Requirement =
Return each line of the entries that mentions the word "Prelude".

Raw data =
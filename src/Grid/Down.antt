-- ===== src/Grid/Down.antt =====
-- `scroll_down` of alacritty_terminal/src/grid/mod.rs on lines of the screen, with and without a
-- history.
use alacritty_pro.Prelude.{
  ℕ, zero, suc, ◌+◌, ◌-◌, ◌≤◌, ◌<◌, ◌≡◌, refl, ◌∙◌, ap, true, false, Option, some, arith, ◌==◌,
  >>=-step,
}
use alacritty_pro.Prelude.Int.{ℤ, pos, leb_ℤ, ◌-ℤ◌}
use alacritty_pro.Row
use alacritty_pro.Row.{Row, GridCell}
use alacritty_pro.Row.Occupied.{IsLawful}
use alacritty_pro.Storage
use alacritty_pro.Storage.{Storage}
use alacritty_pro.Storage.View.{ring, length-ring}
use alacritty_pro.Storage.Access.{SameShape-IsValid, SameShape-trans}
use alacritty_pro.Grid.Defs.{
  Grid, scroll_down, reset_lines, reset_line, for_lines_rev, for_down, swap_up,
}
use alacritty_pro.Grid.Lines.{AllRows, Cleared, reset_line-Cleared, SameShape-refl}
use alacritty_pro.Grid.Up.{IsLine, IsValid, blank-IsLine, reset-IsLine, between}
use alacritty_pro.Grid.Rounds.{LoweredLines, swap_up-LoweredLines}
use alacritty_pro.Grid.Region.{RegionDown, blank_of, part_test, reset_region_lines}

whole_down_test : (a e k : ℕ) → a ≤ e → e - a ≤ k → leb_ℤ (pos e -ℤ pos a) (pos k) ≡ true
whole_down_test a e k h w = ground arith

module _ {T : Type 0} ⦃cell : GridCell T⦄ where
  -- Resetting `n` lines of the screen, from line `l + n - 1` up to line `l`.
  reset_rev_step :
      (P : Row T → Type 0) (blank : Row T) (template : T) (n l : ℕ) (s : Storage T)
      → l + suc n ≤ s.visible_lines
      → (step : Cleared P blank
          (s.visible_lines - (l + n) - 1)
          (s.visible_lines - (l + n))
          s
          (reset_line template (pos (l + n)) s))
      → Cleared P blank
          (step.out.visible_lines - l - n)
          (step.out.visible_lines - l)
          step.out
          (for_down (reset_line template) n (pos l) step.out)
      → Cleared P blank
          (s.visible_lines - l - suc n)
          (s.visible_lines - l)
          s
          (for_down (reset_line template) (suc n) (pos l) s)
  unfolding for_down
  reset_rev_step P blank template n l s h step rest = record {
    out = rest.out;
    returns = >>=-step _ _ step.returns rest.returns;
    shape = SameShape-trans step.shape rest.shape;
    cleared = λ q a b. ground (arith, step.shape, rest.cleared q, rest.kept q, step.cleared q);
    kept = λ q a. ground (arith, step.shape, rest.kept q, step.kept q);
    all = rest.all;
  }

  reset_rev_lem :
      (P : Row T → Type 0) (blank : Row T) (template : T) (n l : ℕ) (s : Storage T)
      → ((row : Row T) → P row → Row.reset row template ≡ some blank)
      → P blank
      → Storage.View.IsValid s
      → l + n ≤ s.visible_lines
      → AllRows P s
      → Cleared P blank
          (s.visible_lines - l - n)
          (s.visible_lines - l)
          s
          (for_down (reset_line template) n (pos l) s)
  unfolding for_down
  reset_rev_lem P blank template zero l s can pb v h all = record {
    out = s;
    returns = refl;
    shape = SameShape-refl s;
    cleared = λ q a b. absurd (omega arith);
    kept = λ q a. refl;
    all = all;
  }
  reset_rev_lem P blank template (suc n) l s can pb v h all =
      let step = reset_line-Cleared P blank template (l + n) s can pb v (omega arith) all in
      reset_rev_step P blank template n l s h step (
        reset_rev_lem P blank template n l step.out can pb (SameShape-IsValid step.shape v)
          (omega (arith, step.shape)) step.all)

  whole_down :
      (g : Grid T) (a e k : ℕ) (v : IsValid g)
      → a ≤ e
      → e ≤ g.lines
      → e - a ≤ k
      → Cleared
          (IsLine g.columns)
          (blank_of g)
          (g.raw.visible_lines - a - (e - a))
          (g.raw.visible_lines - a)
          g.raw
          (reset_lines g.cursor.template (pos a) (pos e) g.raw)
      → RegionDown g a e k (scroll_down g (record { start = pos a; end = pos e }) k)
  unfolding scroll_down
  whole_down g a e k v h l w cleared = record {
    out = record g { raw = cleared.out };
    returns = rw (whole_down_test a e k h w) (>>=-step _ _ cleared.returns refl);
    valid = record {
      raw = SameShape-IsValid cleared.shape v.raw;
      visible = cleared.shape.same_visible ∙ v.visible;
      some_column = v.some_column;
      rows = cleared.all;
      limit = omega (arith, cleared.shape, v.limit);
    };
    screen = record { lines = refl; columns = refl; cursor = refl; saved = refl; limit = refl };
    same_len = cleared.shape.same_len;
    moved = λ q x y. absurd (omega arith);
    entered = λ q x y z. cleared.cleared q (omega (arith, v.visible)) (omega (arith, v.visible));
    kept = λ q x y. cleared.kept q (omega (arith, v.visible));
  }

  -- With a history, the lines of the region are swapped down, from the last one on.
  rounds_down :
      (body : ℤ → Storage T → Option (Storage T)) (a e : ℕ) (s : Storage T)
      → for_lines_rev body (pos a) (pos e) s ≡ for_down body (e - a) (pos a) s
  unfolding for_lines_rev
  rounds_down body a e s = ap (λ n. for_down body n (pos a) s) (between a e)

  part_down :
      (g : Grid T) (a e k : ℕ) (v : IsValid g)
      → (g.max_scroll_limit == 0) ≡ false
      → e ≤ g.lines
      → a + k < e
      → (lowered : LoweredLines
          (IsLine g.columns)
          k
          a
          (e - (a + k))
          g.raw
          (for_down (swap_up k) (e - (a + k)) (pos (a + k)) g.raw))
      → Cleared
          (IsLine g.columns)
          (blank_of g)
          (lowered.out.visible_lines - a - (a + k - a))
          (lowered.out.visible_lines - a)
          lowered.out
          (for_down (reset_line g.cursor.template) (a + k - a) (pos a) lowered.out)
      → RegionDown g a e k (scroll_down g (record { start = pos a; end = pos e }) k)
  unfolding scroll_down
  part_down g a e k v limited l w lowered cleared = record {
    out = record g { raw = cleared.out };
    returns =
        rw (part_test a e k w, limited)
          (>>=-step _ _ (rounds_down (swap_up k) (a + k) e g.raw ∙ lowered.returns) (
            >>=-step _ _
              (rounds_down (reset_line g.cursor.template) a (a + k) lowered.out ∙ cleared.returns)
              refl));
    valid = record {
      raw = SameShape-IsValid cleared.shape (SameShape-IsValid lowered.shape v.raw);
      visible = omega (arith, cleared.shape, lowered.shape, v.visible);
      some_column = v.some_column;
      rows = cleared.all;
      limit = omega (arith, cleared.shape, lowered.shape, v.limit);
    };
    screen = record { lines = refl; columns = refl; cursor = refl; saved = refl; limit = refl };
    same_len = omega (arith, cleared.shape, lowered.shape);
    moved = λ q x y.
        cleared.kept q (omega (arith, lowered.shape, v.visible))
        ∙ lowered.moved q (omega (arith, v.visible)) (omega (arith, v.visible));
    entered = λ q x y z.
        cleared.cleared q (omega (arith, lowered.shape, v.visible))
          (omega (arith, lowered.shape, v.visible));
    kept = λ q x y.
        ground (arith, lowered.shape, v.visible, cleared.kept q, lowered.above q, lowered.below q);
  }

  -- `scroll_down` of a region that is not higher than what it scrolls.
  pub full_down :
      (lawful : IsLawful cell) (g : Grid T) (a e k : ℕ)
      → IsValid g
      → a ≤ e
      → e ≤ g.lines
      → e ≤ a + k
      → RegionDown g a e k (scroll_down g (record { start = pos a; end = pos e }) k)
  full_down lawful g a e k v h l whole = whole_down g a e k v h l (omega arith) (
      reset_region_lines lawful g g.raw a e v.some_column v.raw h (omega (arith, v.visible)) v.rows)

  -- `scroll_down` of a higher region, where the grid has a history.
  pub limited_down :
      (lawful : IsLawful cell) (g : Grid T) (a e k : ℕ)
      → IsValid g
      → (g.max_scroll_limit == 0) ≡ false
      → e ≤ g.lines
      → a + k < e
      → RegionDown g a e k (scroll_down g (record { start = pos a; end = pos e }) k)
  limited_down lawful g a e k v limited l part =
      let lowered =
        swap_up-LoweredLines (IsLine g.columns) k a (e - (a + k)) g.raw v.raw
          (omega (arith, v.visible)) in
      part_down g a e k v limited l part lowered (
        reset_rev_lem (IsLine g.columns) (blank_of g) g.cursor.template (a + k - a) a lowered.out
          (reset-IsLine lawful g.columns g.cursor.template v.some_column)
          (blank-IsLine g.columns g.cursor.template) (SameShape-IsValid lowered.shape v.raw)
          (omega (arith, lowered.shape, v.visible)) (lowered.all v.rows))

==

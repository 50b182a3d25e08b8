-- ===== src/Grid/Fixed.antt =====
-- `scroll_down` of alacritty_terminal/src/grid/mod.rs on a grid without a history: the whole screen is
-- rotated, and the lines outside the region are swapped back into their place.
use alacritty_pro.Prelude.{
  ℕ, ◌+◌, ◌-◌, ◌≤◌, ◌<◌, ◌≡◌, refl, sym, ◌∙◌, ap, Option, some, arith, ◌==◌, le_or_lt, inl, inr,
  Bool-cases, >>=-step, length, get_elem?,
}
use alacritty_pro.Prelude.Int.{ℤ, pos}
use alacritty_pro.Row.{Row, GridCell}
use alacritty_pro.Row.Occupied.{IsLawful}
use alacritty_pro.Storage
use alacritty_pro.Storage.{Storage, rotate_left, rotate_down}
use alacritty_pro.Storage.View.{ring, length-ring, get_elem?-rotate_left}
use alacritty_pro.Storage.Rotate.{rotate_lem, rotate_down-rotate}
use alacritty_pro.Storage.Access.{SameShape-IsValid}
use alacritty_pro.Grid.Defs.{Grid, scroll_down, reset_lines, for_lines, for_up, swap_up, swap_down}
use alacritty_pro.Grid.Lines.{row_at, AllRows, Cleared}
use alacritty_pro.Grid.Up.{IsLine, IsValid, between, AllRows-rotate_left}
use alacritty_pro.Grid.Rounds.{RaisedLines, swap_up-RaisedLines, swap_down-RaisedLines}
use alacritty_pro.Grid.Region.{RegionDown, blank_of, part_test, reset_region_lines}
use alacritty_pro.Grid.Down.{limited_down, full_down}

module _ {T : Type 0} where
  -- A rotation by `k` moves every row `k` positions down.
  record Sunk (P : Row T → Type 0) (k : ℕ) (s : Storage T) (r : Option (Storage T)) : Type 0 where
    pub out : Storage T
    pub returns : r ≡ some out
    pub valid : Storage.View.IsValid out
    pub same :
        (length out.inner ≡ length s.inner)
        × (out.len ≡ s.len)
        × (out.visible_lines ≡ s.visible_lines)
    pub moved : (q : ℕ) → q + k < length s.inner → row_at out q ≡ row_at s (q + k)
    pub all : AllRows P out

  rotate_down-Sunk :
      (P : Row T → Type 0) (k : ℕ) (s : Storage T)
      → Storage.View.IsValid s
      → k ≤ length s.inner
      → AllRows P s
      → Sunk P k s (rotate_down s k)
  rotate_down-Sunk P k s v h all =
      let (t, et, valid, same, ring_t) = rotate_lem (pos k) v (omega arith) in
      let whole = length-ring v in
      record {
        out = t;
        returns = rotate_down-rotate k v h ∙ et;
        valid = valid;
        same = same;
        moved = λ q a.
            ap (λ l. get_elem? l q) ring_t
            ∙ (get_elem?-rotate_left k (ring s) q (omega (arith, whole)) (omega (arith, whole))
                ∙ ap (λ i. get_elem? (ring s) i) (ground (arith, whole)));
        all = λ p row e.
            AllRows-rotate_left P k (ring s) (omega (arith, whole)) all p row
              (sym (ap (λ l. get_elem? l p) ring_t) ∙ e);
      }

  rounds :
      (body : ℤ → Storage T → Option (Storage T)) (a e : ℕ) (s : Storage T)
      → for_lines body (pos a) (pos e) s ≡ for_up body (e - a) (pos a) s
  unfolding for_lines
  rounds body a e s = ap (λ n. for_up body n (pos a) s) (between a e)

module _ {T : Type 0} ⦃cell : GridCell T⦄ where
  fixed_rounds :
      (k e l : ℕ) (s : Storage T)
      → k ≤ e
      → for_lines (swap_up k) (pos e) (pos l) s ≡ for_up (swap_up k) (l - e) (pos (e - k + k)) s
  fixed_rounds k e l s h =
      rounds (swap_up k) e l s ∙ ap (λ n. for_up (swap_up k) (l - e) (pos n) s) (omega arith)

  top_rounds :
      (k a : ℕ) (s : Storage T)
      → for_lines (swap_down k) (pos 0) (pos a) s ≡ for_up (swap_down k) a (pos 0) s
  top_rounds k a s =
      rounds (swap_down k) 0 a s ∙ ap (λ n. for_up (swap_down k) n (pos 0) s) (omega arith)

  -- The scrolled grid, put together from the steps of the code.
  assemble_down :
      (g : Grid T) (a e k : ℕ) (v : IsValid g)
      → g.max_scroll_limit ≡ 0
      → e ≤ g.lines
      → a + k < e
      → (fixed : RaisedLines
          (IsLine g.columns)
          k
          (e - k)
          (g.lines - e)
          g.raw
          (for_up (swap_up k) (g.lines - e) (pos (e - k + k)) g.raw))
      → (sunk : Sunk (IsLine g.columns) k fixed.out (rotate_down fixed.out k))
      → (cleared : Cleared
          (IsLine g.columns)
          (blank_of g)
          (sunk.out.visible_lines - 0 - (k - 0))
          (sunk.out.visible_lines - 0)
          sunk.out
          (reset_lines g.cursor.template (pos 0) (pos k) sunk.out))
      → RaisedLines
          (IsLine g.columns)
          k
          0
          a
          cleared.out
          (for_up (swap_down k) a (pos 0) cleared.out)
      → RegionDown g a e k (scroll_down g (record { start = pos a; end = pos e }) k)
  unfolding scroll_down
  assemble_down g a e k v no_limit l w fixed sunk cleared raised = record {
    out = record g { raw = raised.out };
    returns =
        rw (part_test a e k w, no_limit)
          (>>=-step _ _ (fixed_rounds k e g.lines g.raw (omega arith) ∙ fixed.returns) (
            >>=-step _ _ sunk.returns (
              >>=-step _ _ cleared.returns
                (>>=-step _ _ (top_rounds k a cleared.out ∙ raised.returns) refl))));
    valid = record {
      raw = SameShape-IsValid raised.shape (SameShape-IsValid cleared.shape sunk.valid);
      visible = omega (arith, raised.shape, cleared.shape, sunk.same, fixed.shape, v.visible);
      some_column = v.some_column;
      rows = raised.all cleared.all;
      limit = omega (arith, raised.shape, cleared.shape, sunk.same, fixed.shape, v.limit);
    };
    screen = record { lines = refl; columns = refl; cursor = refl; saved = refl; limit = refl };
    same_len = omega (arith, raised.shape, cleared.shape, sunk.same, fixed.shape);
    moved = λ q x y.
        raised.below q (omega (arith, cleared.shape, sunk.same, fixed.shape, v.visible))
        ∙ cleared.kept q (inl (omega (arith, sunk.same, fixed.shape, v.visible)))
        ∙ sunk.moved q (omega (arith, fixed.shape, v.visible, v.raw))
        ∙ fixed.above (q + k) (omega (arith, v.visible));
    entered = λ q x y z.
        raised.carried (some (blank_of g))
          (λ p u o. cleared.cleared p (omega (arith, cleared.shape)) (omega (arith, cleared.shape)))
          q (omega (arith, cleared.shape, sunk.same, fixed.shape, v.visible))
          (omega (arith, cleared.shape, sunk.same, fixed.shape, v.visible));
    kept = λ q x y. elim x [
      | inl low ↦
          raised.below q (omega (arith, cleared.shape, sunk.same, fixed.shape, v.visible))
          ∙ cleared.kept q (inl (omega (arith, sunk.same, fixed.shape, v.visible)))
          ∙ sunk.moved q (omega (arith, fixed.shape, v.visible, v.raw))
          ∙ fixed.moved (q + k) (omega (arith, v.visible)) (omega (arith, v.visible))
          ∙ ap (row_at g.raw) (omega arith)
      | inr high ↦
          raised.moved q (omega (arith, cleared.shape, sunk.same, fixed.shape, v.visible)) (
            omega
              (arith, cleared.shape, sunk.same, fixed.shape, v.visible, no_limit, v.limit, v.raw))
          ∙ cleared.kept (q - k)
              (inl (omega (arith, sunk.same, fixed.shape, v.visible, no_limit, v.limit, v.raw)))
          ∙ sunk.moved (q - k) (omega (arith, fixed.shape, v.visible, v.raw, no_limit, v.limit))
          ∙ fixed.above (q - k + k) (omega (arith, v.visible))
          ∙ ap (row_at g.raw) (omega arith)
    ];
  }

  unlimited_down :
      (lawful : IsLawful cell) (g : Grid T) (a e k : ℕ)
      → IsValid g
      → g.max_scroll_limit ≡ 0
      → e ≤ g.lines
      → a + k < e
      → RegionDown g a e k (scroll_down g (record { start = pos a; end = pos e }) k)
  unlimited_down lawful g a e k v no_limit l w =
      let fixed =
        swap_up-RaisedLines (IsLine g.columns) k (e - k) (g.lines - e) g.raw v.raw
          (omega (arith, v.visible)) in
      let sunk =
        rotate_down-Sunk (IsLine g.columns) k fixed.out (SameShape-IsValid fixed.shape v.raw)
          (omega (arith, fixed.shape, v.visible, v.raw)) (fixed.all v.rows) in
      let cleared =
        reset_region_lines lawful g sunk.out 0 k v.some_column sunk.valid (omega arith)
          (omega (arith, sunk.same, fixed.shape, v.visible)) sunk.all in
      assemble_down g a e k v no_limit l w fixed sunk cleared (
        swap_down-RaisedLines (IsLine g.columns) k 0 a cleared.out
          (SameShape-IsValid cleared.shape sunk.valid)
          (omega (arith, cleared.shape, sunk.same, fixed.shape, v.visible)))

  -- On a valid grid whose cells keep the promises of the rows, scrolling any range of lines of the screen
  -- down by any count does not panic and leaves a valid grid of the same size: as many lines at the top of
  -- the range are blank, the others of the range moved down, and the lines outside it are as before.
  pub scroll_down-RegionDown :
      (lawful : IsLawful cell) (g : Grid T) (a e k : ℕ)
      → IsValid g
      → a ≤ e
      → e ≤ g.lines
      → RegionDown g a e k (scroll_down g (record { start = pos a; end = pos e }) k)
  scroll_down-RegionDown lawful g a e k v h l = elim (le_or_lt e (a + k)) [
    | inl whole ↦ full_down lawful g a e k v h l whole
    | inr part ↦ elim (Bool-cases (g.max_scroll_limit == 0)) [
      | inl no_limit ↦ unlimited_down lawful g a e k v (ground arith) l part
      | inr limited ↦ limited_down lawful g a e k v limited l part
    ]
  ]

Response for this exercise =
use alacritty_pro.Prelude.{
use alacritty_pro.Prelude.Int.{ℤ, pos, leb_ℤ, ◌-ℤ◌}
use alacritty_pro.Prelude.{
use alacritty_pro.Prelude.Int.{ℤ, pos}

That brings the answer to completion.